José Antonio juega con su ordenador portátil dorado en la
sala VIP del aeropuerto. Hace tiempo mientras espera que el número de su vuelo,
IBS3910 de la compañía Iberia Express, sea anunciado por la megafonía en los
idiomas oficiales del Estado español. Le han preguntado si desea tomar un brunch
antes del lunch que servirán durante el vuelo. Ha pedido vino de Cáceres
y la asistente ha respondido que no tenía. Visiblemente contrariado ha
solicitado un tinto canario y la pobre asistente, a la que Jose no dejaba de
mirar golosamente las piernas, ha hecho un mohín con su boquita de piñón para
negar por segunda vez. Le ha ofrecido Coca Cola Zero y Jose ha dicho que sí
pero que le trajeran unas patatas con sabor a jamón ibérico en desagravio. Al
alejarse la chica ha balanceado su culo y el pasajero ha depositado sus ojos
justo a la altura de tan suculento ejemplar. Una punzada en el estómago, unas
ganas inmensas de mear, el pánico a los aviones que solo el amor puede vencer.

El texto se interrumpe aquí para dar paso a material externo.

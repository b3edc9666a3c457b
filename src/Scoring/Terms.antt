-- ===== src/Scoring/Terms.antt =====
-- The tables of words in scoring.py.
use inno_scalping_crawling.Common.{List, [], ◌∷◌, Text, codes}

-- `_OFFICIAL_SOURCE_TERMS` and the other tables of words
unfoldable pub official_source_terms : List Text
official_source_terms =
    codes "official"
    ∷ codes "exchange"
    ∷ codes "broker"
    ∷ codes "government"
    ∷ codes "regulator"
    ∷ codes "university"
    ∷ codes "academic"
    ∷ codes "peer-reviewed"
    ∷ codes "peer reviewed"
    ∷ codes "research institution"
    ∷ []

unfoldable pub microstructure_terms : List Text
microstructure_terms =
    codes "microstructure"
    ∷ codes "order book"
    ∷ codes "orderbook"
    ∷ codes "order flow"
    ∷ codes "order-flow"
    ∷ codes "queue"
    ∷ codes "imbalance"
    ∷ codes "l1"
    ∷ codes "l2"
    ∷ codes "l3"
    ∷ codes "tick"
    ∷ codes "spread"
    ∷ codes "market depth"
    ∷ codes "liquidity"
    ∷ []

unfoldable pub ultra_short_terms : List Text
ultra_short_terms =
    codes "millisecond"
    ∷ codes "milliseconds"
    ∷ codes "sub-second"
    ∷ codes "subsecond"
    ∷ codes "tick"
    ∷ codes "seconds"
    ∷ codes "second"
    ∷ codes "minutes"
    ∷ codes "minute"
    ∷ codes "ultra-short"
    ∷ codes "ultrashort"
    ∷ []

unfoldable pub short_terms : List Text
short_terms =
    codes "intraday"
    ∷ codes "hour"
    ∷ codes "hours"
    ∷ codes "short horizon"
    ∷ codes "short-horizon"
    ∷ []

unfoldable pub fast_frequency_terms : List Text
fast_frequency_terms =
    codes "tick"
    ∷ codes "sub-second"
    ∷ codes "subsecond"
    ∷ codes "millisecond"
    ∷ codes "second"
    ∷ codes "1m"
    ∷ codes "1 min"
    ∷ codes "minute"
    ∷ []
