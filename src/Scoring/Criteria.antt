-- ===== src/Scoring/Criteria.antt =====
-- Three of the five criteria of scoring.py: the source, the reproducibility and the relevance.
use inno_scalping_crawling.Common.{
  ℕ, ◌+◌, ◌/◌, ◌%◌, Bool, true, false, not, ◌&&◌, ◌||◌, if◌then◌else◌, leb, ltb, ◌==◌, Option, none,
  some, List, [], ◌∷◌, any, Text, codes, text_eq,
}
use inno_scalping_crawling.Common.Int.{ℤ, pos}
use inno_scalping_crawling.Publication.{Value, boolean, one_of}
use inno_scalping_crawling.Scoring.{
  Reading, Criterion, criterion, clamp_score, points, is_present, contains_any, field_text, number,
  status_quality, parse_datetime, text_of,
}
use inno_scalping_crawling.Scoring.Lookup.{lookup_value}
use inno_scalping_crawling.Scoring.Terms.{
  official_source_terms, microstructure_terms, ultra_short_terms, short_terms, fast_frequency_terms,
}

-- `round(n / 100)`: a half goes to the even neighbour.
unfoldable pub round_hundreds : ℕ → ℕ
round_hundreds n =
    let q = n / 100 in let r = n % 100 in if ltb 50 r || (r == 50 && q % 2 == 1) then q + 1 else q

abbrev is_true : Option Value → Bool
is_true (some (boolean b)) = b
is_true _ = false

abbrev shown : Option Value → Text
shown none = []
shown (some v) = text_of v

module _ (reading : Reading) (candidate document_version : Value) where
  abbrev read : List Text → Option Value
  read names = lookup_value candidate document_version names

  unfoldable pub unrated : ℕ
  unrated =
      let source_type = read (
        codes "source_type"
        ∷ codes "source_kind"
        ∷ codes "source_category"
        ∷ codes "publisher_type"
        ∷ codes "type"
        ∷ codes "name"
        ∷ []) in
      let official_flag = read (codes "official" ∷ codes "is_official" ∷ []) in
      if is_true official_flag
        || (one_of (codes "true" ∷ codes "yes" ∷ codes "1" ∷ [])
              (reading.casefold (shown official_flag))
            || contains_any reading source_type official_source_terms)
      then 10
      else if is_present source_type
      then 6
      else 0

  unfoldable pub rated : Option ℤ → ℕ
  rated (some (pos n)) = if leb n 1000 then clamp_score (round_hundreds n) 10 else unrated
  rated _ = unrated

  unfoldable pub reliability_points : ℕ
  reliability_points =
      rated (number reading (read (codes "source_confidence" ∷ codes "source_reliability" ∷ [])))
      + points 5 (
          is_present (
            read (
              codes "author_or_org"
              ∷ codes "author"
              ∷ codes "publisher"
              ∷ codes "organization"
              ∷ codes "institution"
              ∷ [])))
      + points 4 (
          is_dated (
            parse_datetime reading (
              read (
                codes "published_at"
                ∷ codes "publication_date"
                ∷ codes "issued_at"
                ∷ codes "created_at"
                ∷ []))))
      + points 3 (is_present (read (codes "license" ∷ codes "licence" ∷ [])))
      + points 8 (
          is_present (
            read (
              codes "canonical_url"
              ∷ codes "source_url"
              ∷ codes "original_url"
              ∷ codes "document_version_id"
              ∷ codes "source_version_ref"
              ∷ codes "source_id"
              ∷ [])))
    where
      is_dated : Option ℕ → Bool
      is_dated none = false
      is_dated (some _) = true

  -- `_source_reliability_score`
  unfoldable pub source_reliability_score : Criterion
  source_reliability_score = criterion 30 reliability_points

  abbrev quality : Text → ℕ
  quality name = status_quality reading candidate name

  -- `{0: 0, 1: one, 2: two}.get(quality, 0)`
  unfoldable pub by_quality : ℕ → ℕ → ℕ → ℕ
  by_quality one two q = if q == 1 then one else if q == 2 then two else 0

  unfoldable pub completeness : ℕ
  completeness =
      let core =
        (codes "core_hypothesis"
          ∷ codes "signal_inputs"
          ∷ codes "entry_logic"
          ∷ codes "exit_logic"
          ∷ codes "required_data"
          ∷ codes "risk_notes"
          ∷ []) in
      if not (any (λ name. not (quality name == 2)) core)
      then 4
      else if any (λ name. not (quality name == 0)) core
      then 2
      else 0

  unfoldable pub reproducibility_points : ℕ
  reproducibility_points =
      by_quality 1 2 (quality (codes "core_hypothesis"))
      + by_quality 1 2 (quality (codes "signal_inputs"))
      + by_quality 1 3 (quality (codes "entry_logic"))
      + by_quality 1 3 (quality (codes "exit_logic"))
      + by_quality 2 4 (quality (codes "required_data"))
      + points 2 (
          is_present (
            read (
              codes "required_frequency"
              ∷ codes "data_frequency"
              ∷ codes "sampling_frequency"
              ∷ codes "timeframe"
              ∷ [])))
      + points 2 (
          is_present (
            read (
              codes "market_types"
              ∷ codes "asset_classes"
              ∷ codes "market_scope"
              ∷ codes "venue"
              ∷ [])))
      + points 2 (
          is_present
            (read (codes "holding_horizon" ∷ codes "time_horizon" ∷ codes "holding_period" ∷ [])))
      + points 1 (
          is_present (
            read (
              codes "time_range"
              ∷ codes "data_window"
              ∷ codes "observation_window"
              ∷ codes "sample_period"
              ∷ [])))
      + completeness

  -- `_reproducibility_score`
  unfoldable pub reproducibility_score : Criterion
  reproducibility_score = criterion 25 reproducibility_points

  -- The words for a long horizon only change the reason.
  unfoldable pub horizon_points : ℕ
  horizon_points =
      let horizon =
        read (codes "holding_horizon" ∷ codes "time_horizon" ∷ codes "holding_period" ∷ []) in
      if contains_any reading horizon ultra_short_terms
      then 6
      else if contains_any reading horizon short_terms
      then 3
      else 0

  unfoldable pub relevance_status_points : Text → ℕ
  relevance_status_points status =
      if text_eq status (codes "relevant")
      then 2
      else if text_eq status (codes "background_only")
      then 1
      else 0

  unfoldable pub relevance_points : ℕ
  relevance_points =
      horizon_points
      + points 3 (is_present (read (codes "required_data" ∷ [])))
      + points 2 (
          contains_any reading
            (read (
              codes "required_frequency"
              ∷ codes "data_frequency"
              ∷ codes "sampling_frequency"
              ∷ codes "timeframe"
              ∷ []))
            fast_frequency_terms)
      + points 4 (
          contains_any reading
            (read (
              codes "microstructure_level"
              ∷ codes "market_types"
              ∷ codes "tags"
              ∷ codes "strategy_families"
              ∷ []))
            microstructure_terms)
      + by_quality 1 2 (quality (codes "entry_logic"))
      + points 1 (quality (codes "exit_logic") == 2)
      + relevance_status_points (reading.casefold (field_text candidate (codes "relevance_status")))

  -- `_relevance_score`
  unfoldable pub relevance_score : Criterion
  relevance_score = criterion 20 relevance_points
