-- ===== src/Scoring/Novelty.antt =====
-- The novelty criterion of scoring.py, which compares a candidate with the existing ones.
use inno_scalping_crawling.Common.{
  ℕ, ◌+◌, ◌-◌, ◌*◌, Bool, true, false, not, ◌&&◌, ◌||◌, if◌then◌else◌, leb, ltb, Option, none, some,
  List, [], ◌∷◌, keep, map, length, Text, codes, between, is_empty, join_spaces, text_eq, text_lt,
  Result, ok, err, ◌>>=◌,
}
use inno_scalping_crawling.Publication.{
  Value, Entries, null, boolean, scalar, text, mapping, sequence, end, entry, field, values, one_of,
  get,
}
use inno_scalping_crawling.Scoring.{
  ScoringError, not_iterable, Reading, Criterion, criterion, is_present, text_of, field_text,
}

-- `sorted` of a set: in order, and each text once.
unfoldable pub insert_text : Text → List Text → List Text
insert_text t [] = t ∷ []
insert_text t (s ∷ texts) =
    let rest = insert_text t texts in
    if text_eq s t then s ∷ texts else if text_lt t s then t ∷ (s ∷ texts) else s ∷ rest

unfoldable pub sorted_set : List Text → List Text
sorted_set [] = []
sorted_set (t ∷ texts) = insert_text t (sorted_set texts)

abbrev keys : Entries → List Value
keys end = []
keys (entry k _ rest) = text k ∷ keys rest

-- `_field(candidate, "related_strategy_ids", []) or []`, a text made a list, and what iterating over
-- it gives.
unfoldable pub raw_related_ids : Option Value → Result ScoringError (List Value)
raw_related_ids none = ok []
raw_related_ids (some null) = ok []
raw_related_ids (some (boolean b)) = if b then err not_iterable else ok []
raw_related_ids (some (scalar _ truth _)) = if truth then err not_iterable else ok []
raw_related_ids (some (text [])) = ok []
raw_related_ids (some (text (c ∷ s))) = ok (text (c ∷ s) ∷ [])
raw_related_ids (some (mapping entries)) = ok (keys entries)
raw_related_ids (some (sequence entries)) = ok (values entries)

unfoldable pub present_texts : List Value → List Text
present_texts l = map text_of (keep (λ v. is_present (some v)) l)

-- A character of the pattern `[a-z0-9가-힣]`
abbrev pub is_token_code : ℕ → Bool
is_token_code c = between 97 122 c || between 48 57 c || between 44032 55203 c

abbrev onto_token : ℕ → Bool → List Text → List Text
onto_token c true tokens = (c ∷ []) ∷ tokens
onto_token c false [] = (c ∷ []) ∷ []
onto_token c false (t ∷ tokens) = (c ∷ t) ∷ tokens

abbrev ends_token : Text → Bool
ends_token [] = true
ends_token (c ∷ _) = not (is_token_code c)

-- `re.findall(r"[a-z0-9가-힣]+", ...)`
unfoldable pub tokens : Text → List Text
tokens [] = []
tokens (c ∷ s) =
    let rest = tokens s in if is_token_code c then onto_token c (ends_token s) rest else rest

-- `len(set(...))` and `len(left & right)`, for lists without repetition
unfoldable pub distinct : List Text → List Text
distinct [] = []
distinct (t ∷ texts) = let rest = distinct texts in if one_of rest t then rest else t ∷ rest

unfoldable pub comparison_fields : List Text
comparison_fields =
    codes "canonical_name"
    ∷ codes "strategy_families"
    ∷ codes "asset_classes"
    ∷ codes "holding_horizon"
    ∷ codes "core_hypothesis"
    ∷ codes "signal_inputs"
    ∷ codes "entry_logic"
    ∷ codes "exit_logic"
    ∷ codes "required_data"
    ∷ []

-- `left / right`
pub record Fraction : Type 0 where
  pub part : ℕ
  pub whole : ℕ

-- Whether the fraction is at least so many hundredths.
abbrev pub at_least : ℕ → Fraction → Bool
at_least hundredths f = leb (hundredths * f.whole) (100 * f.part)

abbrev pub less : Fraction → Fraction → Bool
less f g = ltb (f.part * g.whole) (g.part * f.whole)

unfoldable pub fraction : List Text → List Text → Fraction
fraction [] right = record { part = 0; whole = 1 }
fraction (t ∷ left) [] = record { part = 0; whole = 1 }
fraction (t ∷ left) (u ∷ right) =
    let common = length (keep (one_of (u ∷ right)) (t ∷ left)) in
    record { part = common; whole = length (t ∷ left) + length (u ∷ right) - common }

pub data Novelty : Type 0 where
  unknown new changed new_evidence variant duplicate : Novelty

pub record NoveltyScore : Type 0 where
  pub criterion : Criterion
  pub status : Novelty
  pub related_ids : List Text

-- `_NOVELTY_SCORES`
abbrev pub novelty_points : Novelty → ℕ
novelty_points new = 10
novelty_points new_evidence = 8
novelty_points changed = 8
novelty_points variant = 6
novelty_points duplicate = 0
novelty_points unknown = 5

unfoldable pub novelty_named : Text → Option Novelty
novelty_named s =
    if text_eq s (codes "new")
    then some new
    else if text_eq s (codes "new_evidence")
    then some new_evidence
    else if text_eq s (codes "changed")
    then some changed
    else if text_eq s (codes "variant")
    then some variant
    else if text_eq s (codes "duplicate")
    then some duplicate
    else if text_eq s (codes "unknown")
    then some unknown
    else none

abbrev pub scored : ℕ → Novelty → List Text → NoveltyScore
scored n status ids = record { criterion = criterion 10 n; status = status; related_ids = ids }

abbrev pub one_id : Text → List Text
one_id [] = []
one_id (c ∷ s) = (c ∷ s) ∷ []

module _ (reading : Reading) where
  -- `_normalise_name`: what is no token becomes one space, and none at the ends.
  unfoldable pub normalise_name : Text → Text
  normalise_name s = join_spaces (tokens (reading.casefold s))

  -- `_token_set`
  unfoldable pub token_set : Text → List Text
  token_set s = distinct (tokens (reading.casefold s))

  -- `_candidate_similarity`
  unfoldable pub candidate_similarity : Value → Value → Fraction
  candidate_similarity left right =
      fraction (token_set (join_spaces (map (field_text left) comparison_fields)))
        (token_set (join_spaces (map (field_text right) comparison_fields)))

  abbrev list_at : List Text → Entries → List Value
  list_at [] entries = mapping entries ∷ []
  list_at (name ∷ names) entries = listed (get name entries) (list_at names entries)
    where
      listed : Option Value → List Value → List Value
      listed (some (sequence l)) rest = values l
      listed _ rest = rest

  -- `_candidate_list`
  unfoldable pub candidate_list : Value → List Value
  candidate_list null = []
  candidate_list (mapping entries) =
      list_at (codes "candidates" ∷ codes "items" ∷ codes "related_candidates" ∷ []) entries
  candidate_list (sequence entries) = values entries
  candidate_list v = v ∷ []

  abbrev same_text : Text → Text → Bool
  same_text s t = not (is_empty s) && (not (is_empty t) && text_eq s t)

  unfoldable pub comparisons : Value → Value → List Value
  comparisons candidate existing =
      keep
        (λ other. not (
          same_text (field_text candidate (codes "candidate_id"))
            (field_text other (codes "candidate_id"))))
        (candidate_list existing)

  unfoldable pub is_exact : Value → Value → Bool
  is_exact candidate other =
      let name = normalise_name (field_text candidate (codes "canonical_name")) in
      not (is_empty name)
      && text_eq name (normalise_name (field_text other (codes "canonical_name")))

  -- `_field(other, "strategy_id", _field(other, "candidate_id", ""))`
  unfoldable pub strategy_id : Value → Value
  strategy_id other =
      first_of (field other (codes "strategy_id")) (field other (codes "candidate_id"))
    where
      first_of : Option Value → Option Value → Value
      first_of (some v) _ = v
      first_of none (some v) = v
      first_of none none = text []

  -- The first in the order of `sorted`: the most similar, and among these the least id.
  unfoldable pub before : Value → Value → Value → Bool
  before candidate a b =
      let fa = candidate_similarity candidate a in
      let fb = candidate_similarity candidate b in
      less fb fa
      || (not (less fa fb)
          && text_lt (field_text a (codes "candidate_id")) (field_text b (codes "candidate_id")))

  unfoldable pub best_of : Value → Value → List Value → Value
  best_of candidate best [] = best
  best_of candidate best (other ∷ others) =
      best_of candidate (if before candidate other best then other else best) others

  unfoldable pub by_similarity : Value → Value → NoveltyScore
  by_similarity candidate best =
      let similarity = candidate_similarity candidate best in
      let ids = one_id (text_of (strategy_id best)) in
      if at_least 65 similarity
      then scored 3 variant ids
      else if at_least 35 similarity
      then scored 6 variant ids
      else scored 10 new []

  unfoldable pub compare_exact : Value → List Value → NoveltyScore → NoveltyScore
  compare_exact candidate [] otherwise = otherwise
  compare_exact candidate (e ∷ exact) otherwise =
      scored 0 duplicate (sorted_set (present_texts (map strategy_id (e ∷ exact))))

  unfoldable pub compare_with : Value → List Value → List Text → NoveltyScore
  compare_with candidate [] [] = scored 5 unknown []
  compare_with candidate [] (i ∷ ids) = scored 4 unknown (i ∷ ids)
  compare_with candidate (other ∷ others) ids =
      compare_exact candidate (keep (is_exact candidate) (other ∷ others))
        (by_similarity candidate (best_of candidate other others))

  unfoldable pub given_or : Option Novelty → Value → Value → List Text → NoveltyScore
  given_or (some status) candidate existing ids = scored (novelty_points status) status ids
  given_or none candidate existing ids = compare_with candidate (comparisons candidate existing) ids

  -- `_novelty_score`
  unfoldable pub novelty_score : Value → Value → Result ScoringError NoveltyScore
  novelty_score candidate existing =
      raw_related_ids (field candidate (codes "related_strategy_ids")) >>= λ raw. ok (
        given_or (novelty_named (reading.casefold (field_text candidate (codes "novelty_status"))))
          candidate existing (sorted_set (present_texts raw)))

Ha mirado el relojazo de su muñeca derecha y ha decidido que iría al baño antes
de pasar a la zona de embarque. Al salir del excusado ha cruzado la mirada con
un tipo de cara conocida. Tiene el pelo moreno escrupulosamente cortado, con
raya a la izquierda, mofletes generosos, una corbata azul de nudo gordísimo y
unas gafas pasadas de moda. Juraría que trabaja en su misma empresa, en la
delegación de ese pueblo, cómo se llama...Teruel, pero desvía la mirada y evita
saludarlo porque no recuerda su nombre, Carlos o algo así, y tiene pinta de
pelmazo. La voz de la señorita anuncia por fin el vuelo, en inglés, francés,
alemán y algo parecido al catalán. Con fastidio deja la Coca Cola en la mesita
pero se lleva las patatas con olor a jamón en el maletín del portátil.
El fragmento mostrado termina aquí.